-------- Records for this exercise --------

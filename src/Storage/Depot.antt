-- ===== src/Storage/Depot.antt =====
-- benliud_bt/src/BTStorage.cpp: what the storage keeps of pieces that are on their way to the disk. Data
-- that came for no request waits as orphans, pieces that several peers are asked for have requests of
-- the storage's own, and whole pieces wait in the write cache.
pub mod Verified
pub mod Downloading
use benliud.Common.{
  ℕ, Bool, true, false, not, List, [], ◌∷◌, ◌++◌, map, Option, none, some, length, ltb, ◌==◌,
  if◌then◌else◌, ◌+◌, ◌%◌, ◌^◌,
}
use benliud.Common.Int.{pos}
use benliud.Piece.{is_set}
use benliud.Piece
use benliud.PieceSum.{get_value, nonzero}
use benliud.SingleRequest.Alien.{Orphan}
use benliud.ShareRequest.{
  ShareRequest, SetResult, equal, check_hash, clear_comfirm_data, get_piece_data, is_finish,
  set_data, set_virtual_data, get_task,
}
use benliud.ShareRequest
use benliud.Storage.{Storage, drop_task}

-- What the torrent file tells, with `Tools::SHA1String`, and the constant map of the parts of pieces that
-- lie in virtual files, in which `GetAffectRangeByVirtualFileInPiece` looks.
pub record Torrent : Type 0 where
  pub piece_count : ℕ
  pub piece_length : ℕ → ℕ
  pub piece_hash : ℕ → List ℕ
  pub sha1_string : List ℕ → List ℕ
  pub virtual_range : ℕ → Option (ℕ × ℕ)

-- A `std::map` with pieces for its keys, in ascending order.
abbrev pub PieceMap {ℓ} : Type ℓ → Type ℓ
PieceMap A = List (ℕ × A)

module _ {ℓ} {A : Type ℓ} where
  -- `find`
  unfoldable pub find_piece : ℕ → PieceMap A → Option A
  find_piece p [] = none
  find_piece p ((k, a) ∷ m) = if p == k then some a else find_piece p m

  -- `m[p] = a`
  unfoldable pub put_piece : ℕ → A → PieceMap A → PieceMap A
  put_piece p a [] = (p, a) ∷ []
  put_piece p a ((k, b) ∷ m) =
      let rest = put_piece p a m in
      if p == k then (p, a) ∷ m else if ltb p k then (p, a) ∷ (k, b) ∷ m else (k, b) ∷ rest

  -- `erase`
  unfoldable pub erase_piece : ℕ → PieceMap A → PieceMap A
  erase_piece p [] = []
  erase_piece p ((k, a) ∷ m) = if p == k then m else (k, a) ∷ erase_piece p m

  unfoldable pub keys : PieceMap A → List ℕ
  keys m = map (λ e. e.0) m

-- `m_OrphanMap`, `m_ShareRequestMap`, `m_WriteCache` and `m_nWasteByte`, beside the members that the
-- choice of a piece depends on.
pub record Depot : Type 0 where
  pub storage : Storage
  pub orphan_map : PieceMap (List Orphan)
  pub shares : PieceMap ShareRequest
  pub write_cache : PieceMap (List ℕ)
  pub waste_byte : ℕ

unfoldable pub with_orphans : Depot → PieceMap (List Orphan) → Depot
with_orphans d m = record d { orphan_map = m; storage = record d.storage { orphans = keys m } }

-- `CleanOrphan`
unfoldable pub clean_orphan : Depot → ℕ → Depot
clean_orphan d index = with_orphans d (erase_piece index d.orphan_map)

-- `CheckOutOrphanData`: the orphans of a piece, which are taken out.
unfoldable pub check_out_orphan_data : Depot → ℕ → Depot × List Orphan
check_out_orphan_data d index = elim (find_piece index d.orphan_map) [
  | none ↦ (d, [])
  | some os ↦ (with_orphans d (erase_piece index d.orphan_map), os)
]

-- `CheckInOrphanData`, for a list and for one block.
unfoldable pub check_in_orphan_data : Depot → ℕ → List Orphan → Depot
check_in_orphan_data d index os = elim (find_piece index d.orphan_map) [
  | none ↦ with_orphans d (put_piece index os d.orphan_map)
  | some old ↦ with_orphans d (put_piece index (old ++ os) d.orphan_map)
]

unfoldable pub check_in_orphan : Depot → ℕ → ℕ → ℕ → List ℕ → Depot
check_in_orphan d index iip offset bytes =
    check_in_orphan_data d index
      (record { index = some index; offset = offset; source = iip; bytes = bytes } ∷ [])

-- `AbandonPieceTask`
unfoldable pub abandon_task : Torrent → Depot → ℕ → Depot
abandon_task t d index =
    if ltb index t.piece_count
    then record d {
      storage = record d.storage { downloading = drop_task index d.storage.downloading };
    }
    else d

-- The end of `WritePiece` for a piece that is wanted.
unfoldable pub cache_piece : Depot → ℕ → List ℕ → Depot
cache_piece d index bytes = record d {
  storage = record d.storage { finished = Piece.set d.storage.finished index true };
  write_cache = put_piece index bytes d.write_cache;
}

unfoldable pub waste : Depot → List ℕ → Depot
waste d bytes = record d { waste_byte = (d.waste_byte + length bytes) % 2 ^ 32 }

-- `WritePiece`, up to the cache of the pieces at the edges of files and what is told to other parts.
unfoldable pub write_piece : Depot → ℕ → List ℕ → Depot
write_piece d index bytes =
    let clean = clean_orphan d index in
    if is_set d.storage.finished index
    then waste clean bytes
    else if not (nonzero (get_value d.storage.priority index))
    then waste clean bytes
    else cache_piece clean index bytes

-- A new `CShareRequest` for a piece, with its virtual part.
unfoldable pub new_share : Torrent → Depot → ℕ → ShareRequest
new_share t d index =
    let r =
      ShareRequest.init (pos index) (t.piece_length index) (get_value d.storage.priority index) in
    elim (t.virtual_range index) [ none ↦ r | some (offset, len) ↦ set_virtual_data r offset len ]

-- The loop that gives the orphans to the request.
unfoldable pub adopt : ShareRequest → List Orphan → ShareRequest
adopt r [] = r
adopt r (o ∷ os) = adopt (set_data r o.source o.offset o.bytes).0 os

-- `m_ShareRequestMap[index]` is asked for a block.
unfoldable pub ask_share : Depot → ℕ → ShareRequest → Depot × Option (ℕ × ℕ)
ask_share d index r =
    let (r', task) = get_task r in (record d { shares = put_piece index r' d.shares }, task)

-- `Tools::SHA1String(data) == GetPieceHash(index)`
unfoldable pub hash_ok : Torrent → ℕ → List ℕ → Bool
hash_ok t index bytes = equal (t.sha1_string bytes) (t.piece_hash index)

-- `GetShareTask` for a piece without a request.
unfoldable pub open_share : Torrent → Depot → ℕ → Depot × Option (ℕ × ℕ)
open_share t d index =
    let (taken, orphans) = check_out_orphan_data d index in
    let r = adopt (new_share t d index) orphans in
    if not (is_finish r)
    then ask_share taken index r
    else if hash_ok t index (get_piece_data r)
    then (write_piece taken index (get_piece_data r), none)
    else ask_share taken index
        (ShareRequest.init (pos index) (t.piece_length index) (get_value d.storage.priority index))

-- `GetShareTask`
unfoldable pub get_share_task : Torrent → Depot → ℕ → Depot × Option (ℕ × ℕ)
get_share_task t d index =
    if is_set d.storage.finished index then (d, none) else elim (find_piece index d.shares) [
      | some r ↦ ask_share d index r
      | none ↦ open_share t d index
    ]

-- The end of `SubmitShareData`, when no block is missing.
unfoldable pub settle_share : Torrent → Depot → ℕ → ShareRequest → Depot × Bool
settle_share t d index r =
    let (r', good) = check_hash t.sha1_string r (t.piece_hash index) in
    if good
    then (
      record (write_piece d index (get_piece_data r')) { shares = erase_piece index d.shares },
      false,
    )
    else (record d { shares = put_piece index (clear_comfirm_data r') d.shares }, true)

-- `SubmitShareData`; `false` says that the piece needs no more data.
unfoldable pub submit_share_data : Torrent → Depot → ℕ → ℕ → ℕ → List ℕ → Depot × Bool
submit_share_data t d source index offset bytes =
    if is_set d.storage.finished index then (d, false) else elim (find_piece index d.shares) [
      | none ↦ (d, false)
      | some r ↦
          let r' = (set_data r source offset bytes).0 in
          if not (is_finish r')
          then (record d { shares = put_piece index r' d.shares }, true)
          else settle_share t d index r'
    ]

--------

> How to complete this task
Please give the number of lines above containing "Common" and nothing else.

> Output
2